Its a fools errand to "try to save money" through this however, as buying new L2 chargers will likely cost you $thousands, and the Prius Prime already cost $thousands more than a regular Prius. So do this because you're a believer in electricity (ex: lower emissions, nuclear/solar power use, reduction in oil and/or geopolitical issues with the Middle East, yadda yadda). But DON'T necessarily do any of this to save money, the math just isn't adding up for me yet.
Yeah — I mean, it’s really just a feature of the PHEV that we get to compare gas vs electric. And, the Prius is THE most efficient hybrid. So it’s a tight comparison. If you’re going from a gas guzzling truck or SUV to an EV in the same class, you’ll probably save money. And, if you don’t, you’ll definitely be doing the right thing anyway and probably end up with better overall features and tech than you currently have.
My level 2 charger cost $600 and I paid an electrician to install a 240V plug for 2 hours and parts (~300 IIRC). I wouldn't say "thousands". Maybe a thousand plus some if you want a fancier charger.
How far did the electrician have to run the new line for you?
My case will be cheap. But I have coworkers who needed like $1500 in labor costs to run a wire like 40 feet through 4 different rooms on different floors.
Garage vs basement circuit breaker on the other side of the house... Lol.
Really depends on your location. Around me, it’s hard to get an electrician to do any job that doesn’t at least cost $1500. $500 would get you an unlicensed guy to do it under the table, unpermitted.
I live in a large city suburb. It was a licensed electrician. Still $300ish.
External conduit in the garage, about 12ft, so not terrible.
I just did some napkin math using Google research numbers. On average L2 charging appears to be 7.3% more efficient than L1. (83.8% efficient for L1, 89.4 for 2.. and the percentage increase is not subtraction problem for anyone wanting to poke at my math).
So using your electricity-only efficiency numbers, you would still only get: 12.5 * 1.073 = 13.41 miles/dollar.
It's partially subtraction.
The 100W heater (or whatever it is....) to condition the battery in the winter is a subtraction problem, not a multiplication problem. The heater needs to run during the winter when charging or when driving.
1100W L1 charger - 100W heater is less efficient than 3500W to 10,000W L2 charger - 100W heater.

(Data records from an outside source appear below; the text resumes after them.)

-- ===== src/Sdk/Classes.antt =====
-- The classes of lib.ts: their constructors, which check that the fields are there, and what
-- `JSON.stringify` sees of an instance. A field holds any JSON value, since JavaScript does not
-- check the declared types.
use plissken.Base.{Text, codes, none, some, ◌++◌}
use plissken.Json.{Json, null, bool, num, str, arr, obj, end, field, field_of}
use plissken.Js.Process.{Engine, Result, ok, throw, Thrown, error, type_error}
use plissken.Js.Template.{template, thrown_by}

pub record OprfServerEvaluation : Type 0 where
  pub elements : Json

pub record OprfRequestResult : Type 0 where
  pub apptoken : Json
  pub username : Json
  pub inputs : Json
  pub blinds : Json
  pub eval_req_elements : Json

pub record StartPasswordAuthenticationData : Type 0 where
  pub elements : Json
  pub envu : Json
  pub envu_nonce : Json
  pub rwdu_salt : Json
  pub auth_nonce : Json

pub record PasswordRegistrationData : Type 0 where
  pub apptoken : Json
  pub username : Json
  pub envu : Json
  pub envu_nonce : Json
  pub pubu : Json
  pub salt : Json

-- Its constructor takes the fields themselves.
pub record FinalizePasswordAutheticationData : Type 0 where
  pub apptoken : Text
  pub username : Text
  pub session_token : Text

-- Pure steps that may throw, in a row.
infixl 5 ◌>>=◌
abbrev pub ◌>>=◌ : {A B : Type 0} → Result A → (A → Result B) → Result B
ok a >>= f = f a
throw e >>= f = throw e

module _ (js : Engine) where
  -- `throw new Error(`${k} not found in ${cls}: ${object}`)`.
  abbrev pub not_found : Text → Text → Json → Thrown
  not_found cls k object =
      thrown_by error (template js (k ++ codes " not found in " ++ cls ++ codes ": ") object)

  -- `if (!(k in object)) throw new Error(…)`, and then `object[k]`.
  unfoldable pub require : Text → Text → Json → Result Json
  require cls k (obj fs) = elim (field_of k fs) [
    | some v ↦ ok v
    | none ↦ throw (not_found cls k (obj fs))
  ]
  require cls k (arr xs) = throw (not_found cls k (arr xs))
  require cls k null = throw (type_error (js.in_failure k null))
  require cls k (bool b) = throw (type_error (js.in_failure k (bool b)))
  require cls k (num n) = throw (type_error (js.in_failure k (num n)))
  require cls k (str s) = throw (type_error (js.in_failure k (str s)))

  unfoldable pub new_server_evaluation : Json → Result OprfServerEvaluation
  new_server_evaluation object = do
    elements ← require (codes "OprfServerEvaluation") (codes "elements") object
    ok (record { elements = elements })

  unfoldable pub new_request_result : Json → Result OprfRequestResult
  new_request_result object = do
    let cls = codes "OprfRequestResult"
    apptoken ← require cls (codes "apptoken") object
    username ← require cls (codes "username") object
    inputs ← require cls (codes "inputs") object
    blinds ← require cls (codes "blinds") object
    eval_req_elements ← require cls (codes "eval_req_elements") object
    ok (record {
      apptoken = apptoken;
      username = username;
      inputs = inputs;
      blinds = blinds;
      eval_req_elements = eval_req_elements;
    })

  unfoldable pub new_start_data : Json → Result StartPasswordAuthenticationData
  new_start_data object = do
    let cls = codes "StartPasswordAuthenticationData"
    elements ← require cls (codes "elements") object
    envu ← require cls (codes "envu") object
    envu_nonce ← require cls (codes "envu_nonce") object
    rwdu_salt ← require cls (codes "rwdu_salt") object
    auth_nonce ← require cls (codes "auth_nonce") object
    ok (record {
      elements = elements;
      envu = envu;
      envu_nonce = envu_nonce;
      rwdu_salt = rwdu_salt;
      auth_nonce = auth_nonce;
    })

  unfoldable pub new_registration_data : Json → Result PasswordRegistrationData
  new_registration_data object = do
    let cls = codes "PasswordRegistrationData"
    apptoken ← require cls (codes "apptoken") object
    username ← require cls (codes "username") object
    envu ← require cls (codes "envu") object
    envu_nonce ← require cls (codes "envu_nonce") object
    pubu ← require cls (codes "pubu") object
    salt ← require cls (codes "salt") object
    ok (record {
      apptoken = apptoken;
      username = username;
      envu = envu;
      envu_nonce = envu_nonce;
      pubu = pubu;
      salt = salt;
    })

-- What `JSON.stringify` sees of an instance: its fields in the order of their assignment.
unfoldable pub evaluation_json : OprfServerEvaluation → Json
evaluation_json d = obj (field (codes "elements") d.elements end)

unfoldable pub request_json : OprfRequestResult → Json
request_json d = obj (
    field (codes "apptoken") d.apptoken (
      field (codes "username") d.username (
        field (codes "inputs") d.inputs (
          field (codes "blinds") d.blinds
            (field (codes "eval_req_elements") d.eval_req_elements end)))))

unfoldable pub start_data_json : StartPasswordAuthenticationData → Json
start_data_json d = obj (
    field (codes "elements") d.elements (
      field (codes "envu") d.envu (
        field (codes "envu_nonce") d.envu_nonce
          (field (codes "rwdu_salt") d.rwdu_salt (field (codes "auth_nonce") d.auth_nonce end)))))

unfoldable pub registration_json : PasswordRegistrationData → Json
registration_json d = obj (
    field (codes "apptoken") d.apptoken (
      field (codes "username") d.username (
        field (codes "envu") d.envu (
          field (codes "envu_nonce") d.envu_nonce
            (field (codes "pubu") d.pubu (field (codes "salt") d.salt end))))))

unfoldable pub finalize_json : FinalizePasswordAutheticationData → Json
finalize_json d = obj (
    field (codes "apptoken") (str d.apptoken) (
      field (codes "username") (str d.username)
        (field (codes "session_token") (str d.session_token) end)))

Now there is another component of multiplicative losses (the inductor and/or voltage conversion coil + MOSFET switch resistance). So it's partially subtraction and partially multiplicative losses. Ultimately I'll need to just test the damn thing to find reality, we can't math this out on paper. (100W losses I assumed earlier was just that, an assumption. I have no idea how much the battery conditioning circuits / pumps / etc. uses up in practice)
The real problem is that I'm not aware of any Kill-a-watt model for 240V circuits. I'll have to rely upon the charger to give me accurate readouts. But all the theory (and apparently some internet testing) suggests that the
You can look into a current clamp meter as a stand in for the kill-a-watt. If you're willing to tinker a bit and like automation, you can use one of those and an esp32 board to make a remote power monitoring system for your 240v circuit.
If you're less willing to tinker you can get some off the shelf stuff that you run the wires through or a clamp style variant to do something similar.
(Note: I can't provide any recommendations on off the shelf products, I just bought the clamps and am working on tinkering it together).
Hmmm, current is the bulk of it. But voltage drop is also important as that'd measure wire losses. (All wires have resistance and it adds up the longer the wire runs get).
But yeah, good idea. I'm actually into electrical engineering so ESP32 is right up my alley. I mean, I prefer AVR but any uC can be used in that circumstance.